Scientists know the concept works, but they are focused on refining the process to make bioreactors more efficient and economical. Adding the carbon to the corn cobs and wood chips is still experimental for nitrate removal but results so far are encouraging. Researchers also want to evaluate if bioreactors are usable for the removal of other nutrients besides nitrates from drainage water.
“As long as water is passing through some treatment device, we’d also like to remove the phosphorous which can be difficult to capture and hold,” Feyereisen explains. “Phosphorous tends to build up in bioreactors or wetlands. With a big storm or flush, it can be washed out. It’s really hard to come up with a phosphorous sink that removes phosphorous from the system.”
Feyereisen says the next phase of bioreactor research will include discovering how much flow is realistically treatable. Because drainage water often comes in big storms and the flow is so fast, some water bypasses the treatment system. Researchers are still working out how much can be treated and evaluating the cost of that treatment.
System Economics
Every management practice has an economic component. Engineering and installing a bioreactor takes money. During challenging economic times, installing management systems to improve water quality without any compensation is a difficult sell to most farmers. Understanding how much environmental benefit is actualized through a bioreactor can help set a value.
Feyereisen says monitoring equipment will be placed on a bioreactor system already operating near Blue Earth to measure nitrate levels flowing into the system and how much is coming out.
“When it comes to paying people for conservation for things like cover crops, for example, you don’t really know how much improvement you’re getting in that specific case. But when you’re measuring the concentration and load going into a device and out, you know what was removed,” Feyereisen says.
Value-Added Opportunity
Improved drainage water quality may be the primary goal of denitrifying bioreactors, but there is also a value-added component. While most current functioning bioreactors are wood chip-based, some have been modified to include corn cobs in the base media.
Bioreactors require a recharge.
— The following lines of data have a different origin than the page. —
-- ===== src/Widgets/Input/Focus.antt =====
-- `activeInput` and the focus.
use padlock_cloud.Prelude.{ℕ, ◌≡◌, Bool, true, Option, some, List, [], ◌∷◌, arith}
use padlock_cloud.Widgets.Input.{Page, on_focused, on_blurred, on_value_changed}

-- The handlers that change the page: an input gains or loses the focus, or its value changes.
pub data Event : Type 0 where
  focused blurred : ℕ → Event
  value_changed : ℕ → Option Bool → Event

abbrev pub step : Event → Page → Page
step (focused i) page = (on_focused i page).0
step (blurred i) page = (on_blurred i page).0
step (value_changed i validity) page = (on_value_changed i validity page).0

abbrev pub run : List Event → Page → Page
run [] page = page
run (e ∷ es) page = run es (step e page)

-- The input that `activeInput` names is focused.
abbrev pub IsTracked : Page → Type 0
IsTracked page = (i : ℕ) → page.active_input ≡ some i → (page.inputs i).focused ≡ true

step-IsTracked : (e : Event) (page : Page) → IsTracked page → IsTracked (step e page)
unfolding on_focused on_blurred on_value_changed
step-IsTracked (focused j) page h i e = ground (arith, h i)
step-IsTracked (blurred j) page h i e = ground (arith, h i)
step-IsTracked (value_changed j v) page h i e = ground (arith, h i)

-- If the active input is focused at first, it is after any events; in particular where the browser
-- reports the loss of the focus after the next input has gained it.
pub run-IsTracked : (es : List Event) (page : Page) → IsTracked page → IsTracked (run es page)
run-IsTracked [] page h = h
run-IsTracked (e ∷ es) page h = run-IsTracked es (step e page) (step-IsTracked e page h)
The carbon source hosting the microbes only lasts so long and depends upon water flow. Bioreactors must be cleaned out as they can fill with sediment. This process may only be necessary about every 10 years, but it provides the optimal time to introduce corn cobs to the process.
“I’m excited to see how well corn cobs have performed in the bioreactors,” Doering says. “Farmers produce corn cobs and the technology is there to collect cobs. When bioreactors have to be cleaned, remaining nutrients can be land applied as fertilizer. So not only can the cobs help improve water quality, they can also help replenish the soil. All while utilizing a farmer’s product.”
Next Steps
Feyereisen and Strock know the bioreaction process works for converting nitrates to nitrogen gas, but it needs to make sense economically, so research continues.
“Our goal is to take one more step,” Strock says. “We’re building on what we’ve learned.”
“AURI is funding research that helps advance the technology so that it’s more economical for farmers,” adds Becky Philipp, AURI project manager. “The research also continues to be applied and built upon stretching the value of the funding further yet.”
It will likely take some time and refinement before producers rely heavily upon bioreactors for nutrient removal. However, the potential is too good to ignore.
“Water quality issues are not going away,” Doering says. “If we can use agricultural byproducts and residues to help solve another agricultural issue, that would be a huge win.”